Bezugnehmend auf "...kann auch auf dem Matrizenstrang sein. Was impliziert, dass sie immer noch am häufigsten auf dem kodierenden Strang sind. Und dann zeigt es mir eine Abbildung, wo eine Promotorsequenz im Matrizenstrang gezeigt wird..." Dort liegt keine Kontraktion; warum sagst du "und dann" (klingt für mich deutsch:-). Das heißt, auf der einen Seite darf Promoter liegen, für die eine Seite gibt es Grafiken. Das scheint kohärent zu sein, von der Seite des Lehrbuchs.
Wie auch immer, können Sie einen Link anbieten oder sagen, welches Lehrbuch Sie gelesen haben? Irgendwelche anderen? Ich war überrascht, als ich herausfand, dass der Promoter im Template/Antisense-Strang "sitzt", siehe unten, wie ich zuvor gelernt habe, das heißt, auf dem Codierungsstrang sitzen kann. Dank Ihrer Frage kann ich jetzt davon ausgehen, dass es so ist anders für Prokaryoten. Kennen Sie ein Problem mit parallelen Regeln/Ausnahmen bei Eukaryoten?

Antworten (2)

Die Antwort auf diese Frage hängt von der Definition des Wortes „Promotor“ ab.

Im einfachsten möglichen Modell der prokaryotischen Transkription ist der Promotor die Stelle, an der die RNA-Polymerase an die DNA bindet, bevor die RNA-Synthese initiiert wird. In diesem Prozess erkennt der σ-Faktor die Kernpromotorelemente, die die Polymerase anweisen, an die DNA zu binden, um den geschlossenen Komplex zu bilden. Der nächste Schritt ist der Wechsel zum offenen Komplex, bei dem die DNA-Stränge getrennt werden.

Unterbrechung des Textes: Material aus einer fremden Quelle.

-- ===== src/Predicates/Generator/Files.antt =====
-- packages/predicate-lib/src/generator.ts: the files that the generator writes. The two files of a
-- circuit are kept under the name of its directory (names are assumed to hold no path), and
-- `toLowerCase` is an argument.
use zk_dpp_royalty_protocol.Common.{ℕ, String, List, [], ◌∷◌}
use zk_dpp_royalty_protocol.Common.JsMap
use zk_dpp_royalty_protocol.Common.Results.{Result, ok, err}
use zk_dpp_royalty_protocol.Common.Exec.{Exec, ◌>>=◌, ◌>>◌, pure, lift}
use zk_dpp_royalty_protocol.Predicates
use zk_dpp_royalty_protocol.Predicates.{◌⧺◌, PredicateDefinition, Comparison, Registry}
use zk_dpp_royalty_protocol.Predicates.Generator.Types.{
  RangeComparison, MembershipType, gte, lte, membership, non_membership, PredicateConfig, base_of,
  range, set_membership, timestamp, dual_range, lifecycle,
}
use zk_dpp_royalty_protocol.Predicates.Generator.Texts.{
  Templates, generate_main_nr, generate_nargo_toml,
}

pub record Circuit : Type 0 where
  pub main_nr : String
  pub nargo_toml : String

-- predicates.json: not there, no JSON (with the error of `JSON.parse`), or a registry.
pub data RegistryFile : Type 0 where
  missing : RegistryFile
  malformed : (error : String) → RegistryFile
  holds : Registry → RegistryFile

pub record World : Type 0 where
  pub circuits : List (String × Circuit)
  pub registry : RegistryFile

abbrev range_comparison : RangeComparison → Comparison
range_comparison gte = Predicates.gte
range_comparison lte = Predicates.lte

abbrev set_comparison : MembershipType → Comparison
set_comparison membership = Predicates.set_membership
set_comparison non_membership = Predicates.set_non_membership

abbrev pub comparison_of : PredicateConfig → Comparison
comparison_of (range c) = range_comparison c.comparison
comparison_of (set_membership c) = set_comparison c.membership_type
comparison_of (timestamp c) = Predicates.timestamp_before_expiry
comparison_of (dual_range c) = Predicates.range
comparison_of (lifecycle c) = Predicates.lifecycle_aggregate

abbrev pub public_inputs_of : PredicateConfig → List String
public_inputs_of (range c) =
    "threshold" ∷ "commitment_root" ∷ "product_binding" ∷ "requester_binding" ∷ []
public_inputs_of (set_membership c) =
    "set_hash" ∷ "commitment_root" ∷ "product_binding" ∷ "requester_binding" ∷ []
public_inputs_of (timestamp c) =
    "current_timestamp" ∷ "commitment_root" ∷ "product_binding" ∷ "requester_binding" ∷ []
public_inputs_of (dual_range c) =
    "min_threshold" ∷ "max_threshold" ∷ "commitment_root" ∷ "product_binding" ∷ "requester_binding"
    ∷ []
public_inputs_of (lifecycle c) =
    "threshold" ∷ "commitment_root" ∷ "product_binding" ∷ "requester_binding" ∷ []

unfoldable pub id_of : PredicateConfig → String
id_of config = (base_of config).name ⧺ "_" ⧺ (base_of config).version

abbrev pub read_registry : RegistryFile → Result Registry
read_registry missing = ok []
read_registry (malformed error) = err error
read_registry (holds registry) = ok registry

module _ (lower : String → String) where
  unfoldable pub circuit_of : PredicateConfig → String
  circuit_of config = lower (base_of config).name ⧺ "_" ⧺ lower (base_of config).version

  unfoldable pub definition_of : PredicateConfig → PredicateDefinition
  definition_of config = record {
    name = (base_of config).name;
    version = (base_of config).version;
    description = (base_of config).description;
    circuit_path = circuit_of config;
    public_inputs = public_inputs_of config;
    access_groups = (base_of config).access_groups;
    pricing = (base_of config).pricing;
    claim_type = (base_of config).claim_type;
    comparison = comparison_of config;
  }

  unfoldable pub write_circuit_files :
      (circuit_name main_nr nargo_toml : String) → Exec World (Unit {0})
  write_circuit_files circuit_name main_nr nargo_toml w = (
    ok tt,
    record w {
      circuits =
          JsMap.set circuit_name (record { main_nr = main_nr; nargo_toml = nargo_toml }) w.circuits;
    },
  )

  -- What follows the read of the registry.
  abbrev pub written : PredicateConfig → Result Registry → Exec World (Unit {0})
  written config (err e) = λ w. (err e, w)
  written config (ok registry) = λ w. (
    ok tt,
    record w { registry = holds (JsMap.set (id_of config) (definition_of config) registry) },
  )

  unfoldable pub update_registry : PredicateConfig → Exec World (Unit {0})
  update_registry config w = written config (read_registry w.registry) w

  module _ (show : ℕ → String) (templates_dir : String) (templates : Templates) where
    unfoldable pub generate_predicate : PredicateConfig → Exec World (Unit {0})
    generate_predicate config = do
      main_nr ← lift (generate_main_nr show templates_dir templates config)
      nargo_toml ← lift (generate_nargo_toml show templates_dir templates (circuit_of config))
      write_circuit_files (circuit_of config) main_nr nargo_toml
      update_registry config

    unfoldable pub generate_predicates : List PredicateConfig → Exec World (Unit {0})
    generate_predicates [] = pure tt
    generate_predicates (config ∷ configs) = do
      generate_predicate config
      generate_predicates configs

Artikel, die die Untersuchung der Wechselwirkung des σ-Faktors mit der DNA beschreiben (z. B. hier ), beziehen sich auf das Protein, das Kontakte mit Basenpaaren herstellt. Ich komme daher zu dem Schluss, dass die ursprüngliche Frage keinen Sinn ergibt - ein Promotor ist eine dsDNA-Einheit, auch wenn wir ihn anhand der Sequenz auf dem einen oder anderen dieser Stränge beschreiben könnten. So wäre zum Beispiel in einem Promotor die Consensus-35-Sequenz – 5'-TTGACA – auf dem codierenden Strang (stromaufwärts der codierenden Sequenz) vorhanden, aber die Promotoreneigenschaft der Sequenz beruht auf dem Vorhandensein dieser Sequenz und sein Komplement auf dem anderen Strang.

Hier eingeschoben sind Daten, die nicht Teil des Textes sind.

-- ===== src/Predicates/Generator/Batch.antt =====
-- What a batch of packages/predicate-lib/src/generator.ts leaves in the registry and on the disk.
use zk_dpp_royalty_protocol.Common.{
  ℕ, String, Bool, true, false, ◌≡◌, refl, sym, subst, ◌∙◌, ap, Option, none, some, List, [], ◌∷◌,
  ◌==◌, inl, inr, eq_refl, Bool-cases, if◌then◌else◌,
}
use zk_dpp_royalty_protocol.Common.JsMap
use zk_dpp_royalty_protocol.Common.JsMap.{get-set, set-IsMap}
use zk_dpp_royalty_protocol.Common.Results.{Result, ok, err, Result-cases}
use zk_dpp_royalty_protocol.Common.Exec.{after}
use zk_dpp_royalty_protocol.Predicates.{PredicateDefinition, Registry}
use zk_dpp_royalty_protocol.Predicates.Generator.Types.{PredicateConfig}
use zk_dpp_royalty_protocol.Predicates.Generator.Texts.{
  Templates, generate_main_nr, generate_nargo_toml,
}
use zk_dpp_royalty_protocol.Predicates.Generator.Files.{
  Circuit, World, holds, read_registry, id_of, circuit_of, definition_of, write_circuit_files,
  update_registry, generate_predicate, generate_predicates,
}

module _ (lower : String → String) (show : ℕ → String) (templates_dir : String)
    (templates : Templates) where
  abbrev main_of : PredicateConfig → Result String
  main_of config = generate_main_nr show templates_dir templates config

  abbrev toml_of : PredicateConfig → Result String
  toml_of config = generate_nargo_toml show templates_dir templates (circuit_of lower config)

  abbrev with_circuit : PredicateConfig → (main toml : String) → World → World
  with_circuit config main toml w = record w {
    circuits =
        JsMap.set (circuit_of lower config) (record { main_nr = main; nargo_toml = toml })
          w.circuits;
  }

  abbrev with_entry : PredicateConfig → Registry → World → World
  with_entry config registry w = record w {
    registry = holds (JsMap.set (id_of config) (definition_of lower config) registry);
  }

  module _ {ℓ} (P : Result (Unit {0}) × World → Type ℓ) (config : PredicateConfig) (w : World) where
    generate_predicate-cases :
        ((e : String) → P (err e, w))
        → ((main toml e : String) → P (err e, with_circuit config main toml w))
        → ((main toml : String) (registry : Registry)
            → main_of config ≡ ok main
            → toml_of config ≡ ok toml
            → read_registry w.registry ≡ ok registry
            → P (ok tt, with_entry config registry (with_circuit config main toml w)))
        → P (generate_predicate lower show templates_dir templates config w)
    unfolding generate_predicate write_circuit_files update_registry
    generate_predicate-cases untouched half whole = elim (Result-cases (main_of config)) [
      | inl (e, h) ↦ rw (h, generate_predicate) (untouched e)
      | inr (main, h) ↦ elim (Result-cases (toml_of config)) [
        | inl (e, k) ↦ rw (h, k, generate_predicate) (untouched e)
        | inr (toml, k) ↦ elim (Result-cases (read_registry w.registry)) [
          | inl (e, l) ↦
              rw (h, k, l, generate_predicate, write_circuit_files, update_registry)
                (half main toml e)
          | inr (registry, l) ↦
              rw (h, k, l, generate_predicate, write_circuit_files, update_registry)
                (whole main toml registry h k l)
        ]
      ]
    ]

  -- The definition that a batch leaves at an identifier: that of its last configuration with the
  -- identifier, else the old one.
  abbrev pub newest :
      String → List PredicateConfig → Option PredicateDefinition → Option PredicateDefinition
  newest id [] old = old
  newest id (config ∷ configs) old =
      newest id configs (if id_of config == id then some (definition_of lower config) else old)

  abbrev pub to_circuit : Result String → Result String → Option Circuit
  to_circuit (ok main) (ok toml) = some (record { main_nr = main; nargo_toml = toml })
  to_circuit _ _ = none

  -- The same for the circuit in a directory.
  abbrev pub newest_circuit : String → List PredicateConfig → Option Circuit → Option Circuit
  newest_circuit name [] old = old
  newest_circuit name (config ∷ configs) old = newest_circuit name configs (
      if circuit_of lower config == name then to_circuit (main_of config) (toml_of config) else old)

  -- The world after a batch that went through, against the world and the registry before it.
  abbrev pub IsGenerated : List PredicateConfig → World → Registry → World → Type 0
  IsGenerated configs w registry w' =
      (registry' : Registry) × (read_registry w'.registry ≡ ok registry')
      × ((id : String) → JsMap.get id registry' ≡ newest id configs (JsMap.get id registry))
      × ((name : String)
          → JsMap.get name w'.circuits ≡ newest_circuit name configs (JsMap.get name w.circuits))

  -- A batch that goes through leaves in the registry, at every identifier, the definition of its
  -- last configuration with that identifier and otherwise the old one; and in every circuit
  -- directory the files of its last configuration with that directory and otherwise the old ones.
  -- The registry file was missing or readable.
  pub generate_predicates-IsGenerated :
      (configs : List PredicateConfig) (w w' : World) (registry : Registry)
      → read_registry w.registry ≡ ok registry
      → generate_predicates lower show templates_dir templates configs w ≡ (ok tt, w')
      → IsGenerated configs w registry w'
  unfolding generate_predicates
  generate_predicates-IsGenerated [] w w' registry read h =
      subst (λ u. IsGenerated [] w registry u) (ap (λ x. x.1) h)
        (registry, read, λ id. refl, λ name. refl)
  generate_predicates-IsGenerated (config ∷ configs) w w' registry read h =
      generate_predicate-cases
        (λ x.
          after (λ u. generate_predicates lower show templates_dir templates configs) x
            ≡ (ok tt, w')
          → IsGenerated (config ∷ configs) w registry w')
        config w (λ e g. absurd (cc g)) (λ main toml e g. absurd (cc g))
        (λ main toml registry' m t r g.
          let (registry'', read'', entries, circuits) =
            generate_predicates-IsGenerated configs
              (with_entry config registry' (with_circuit config main toml w)) w'
              (JsMap.set (id_of config) (definition_of lower config) registry') refl g in
          let same : registry' ≡ registry = cc (r, read) in
          (
            registry'',
            read'',
            λ id.
                entries id
                ∙ ap (newest id configs)
                    (get-set (id_of config) id (definition_of lower config) registry')
                ∙ rw same refl,
            λ name.
                circuits name
                ∙ ap (newest_circuit name configs) (
                    get-set (circuit_of lower config) name
                      (record { main_nr = main; nargo_toml = toml }) w.circuits)
                ∙ rw (m, t) refl,
          ))
        h

  -- Every registered predicate has its circuit on the disk.
  pub record IsComplete (w : World) : Type 0 where
    pub has_circuit :
        (registry : Registry) (id : String) (definition : PredicateDefinition)
        → read_registry w.registry ≡ ok registry
        → JsMap.get id registry ≡ some definition
        → JsMap.has definition.circuit_path w.circuits ≡ true

  has-with_circuit :
      (config : PredicateConfig) (main toml name : String) (w : World)
      → JsMap.has name w.circuits ≡ true
      → JsMap.has name (with_circuit config main toml w).circuits ≡ true
  has-with_circuit config main toml name w h =
      rw
        (get-set (circuit_of lower config) name (record { main_nr = main; nargo_toml = toml })
          w.circuits)
        (elim (Bool-cases (circuit_of lower config == name)) [ inl e ↦ rw e refl | inr e ↦ rw e h ])

  has_own-with_circuit :
      (config : PredicateConfig) (main toml : String) (w : World)
      → JsMap.has (circuit_of lower config) (with_circuit config main toml w).circuits ≡ true
  has_own-with_circuit config main toml w =
      rw
        (
          get-set (circuit_of lower config) (circuit_of lower config)
              (record { main_nr = main; nargo_toml = toml }) w.circuits,
          eq_refl (circuit_of lower config),
        )
        refl

  with_circuit-IsComplete :
      (config : PredicateConfig) (main toml : String) (w : World)
      → IsComplete w
      → IsComplete (with_circuit config main toml w)
  with_circuit-IsComplete config main toml w complete = record {
    has_circuit = λ registry id definition read found.
        has-with_circuit config main toml definition.circuit_path w
          (complete.has_circuit registry id definition read found);
  }

  with_entry-IsComplete :
      (config : PredicateConfig) (main toml : String) (registry : Registry) (w : World)
      → read_registry w.registry ≡ ok registry
      → IsComplete w
      → IsComplete (with_entry config registry (with_circuit config main toml w))
  unfolding definition_of
  with_entry-IsComplete config main toml registry w read complete = record {
    has_circuit = λ registry' id definition read' found.
        let entry =
          sym (get-set (id_of config) id (definition_of lower config) registry)
          ∙ subst (λ r. JsMap.get id r ≡ some definition) (sym (cc read')) found in
        elim (Bool-cases (id_of config == id)) [
          | inl e ↦
              let is : definition_of lower config ≡ definition = cc (at_id _ _ _ true e entry) in
              subst
                (λ d. JsMap.has d.circuit_path (with_circuit config main toml w).circuits ≡ true) is
                (has_own-with_circuit config main toml w)
          | inr e ↦
              has-with_circuit config main toml definition.circuit_path w
                (complete.has_circuit registry id definition read (at_id _ _ _ false e entry))
        ];
  }
    where
      at_id :
          (old : Option PredicateDefinition) (id : String) (definition : PredicateDefinition)
          (b : Bool)
          → (id_of config == id) ≡ b
          → (if id_of config == id then some (definition_of lower config) else old)
            ≡ some definition
          → (if b then some (definition_of lower config) else old) ≡ some definition
      at_id old id definition b e h = rw⁻¹ e h

  -- A batch keeps every registered predicate's circuit on the disk, also where it throws half-way:
  -- the files of a circuit are written before its entry.
  pub generate_predicates-IsComplete :
      (configs : List PredicateConfig) (w : World)
      → IsComplete w
      → IsComplete (generate_predicates lower show templates_dir templates configs w).1
  unfolding generate_predicates
  generate_predicates-IsComplete [] w complete = complete
  generate_predicates-IsComplete (config ∷ configs) w complete =
      generate_predicate-cases
        (λ x.
          IsComplete
            (after (λ u. generate_predicates lower show templates_dir templates configs) x).1)
        config w (λ e. complete)
        (λ main toml e. with_circuit-IsComplete config main toml w complete)
        (λ main toml registry m t r.
          generate_predicates-IsComplete configs
            (with_entry config registry (with_circuit config main toml w))
            (with_entry-IsComplete config main toml registry w r complete))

1. „Der nächste Schritt ist der Wechsel zum offenen Komplex“ – schwer vorstellbar, dass die Polymerase die bereits geöffneten Stränge nicht zum Binden braucht. 2. Aus der Zusammenfassung des Links, den Sie gegeben haben, scheint Sigma für Arten spezifisch zu sein. Ein Sigma für jede Art. Ist es relevant für die Frage? 3. "... die Promotoreigenschaft der Sequenz beruht auf ... und ihrem Komplement auf dem anderen Strang." Mit "Eigenschaft" meinen Sie, dass - da beide Stränge zusammengeblieben sind - der Promotor genauso gut durch den Sense-Strang definiert werden könnte, der als kodierender Strang bezeichnet wird, darf ich sagen "denominierender Strang"?
Auch hier liegt oder handelt der Promotor laut Ihrer Antwort zumindest bei Eukaryoten physisch niemals im Codierungs- / Sinnesstrang, oder? (Das ist so wichtig...)

Promoter sitzt nirgendwo.. er ist einfach da .. der Transkriptionsfaktor sitzt drauf :P

Witze beiseite. Fügen Sie Alan Boyds Antwort ein wenig mehr Informationen hinzu:

Wie Alan Boyd betont, beziehen sich die Begriffe Codierung oder Vorlage auf die Region, die transkribiert wird. Normalerweise haben die Transkriptionsfaktoren (TF), die an DNA binden, eine dsDNA-Bindungsdomäne und binden daher an beide Stränge. Die Sequenzerkennungsdomänen sind jedoch spezifisch und scannen normalerweise die DNA und rekrutieren5'-> 3' anschließend RNA-Polymerase in derselben Orientierung. Aber es gibt noch weitere Aspekte:

  • Promoter/regulatorische Elemente sind in der Regel dem TSS vorgelagert, in einigen Fällen aber auch nachgelagert
  • Die Aktivität eines Promotorelements hängt von dem TF ab, der daran bindet. Einige TFs können den gesamten genomischen Locus kontrollieren, dh sie beeinflussen mehrere Gene – sowohl stromaufwärts als auch stromabwärts.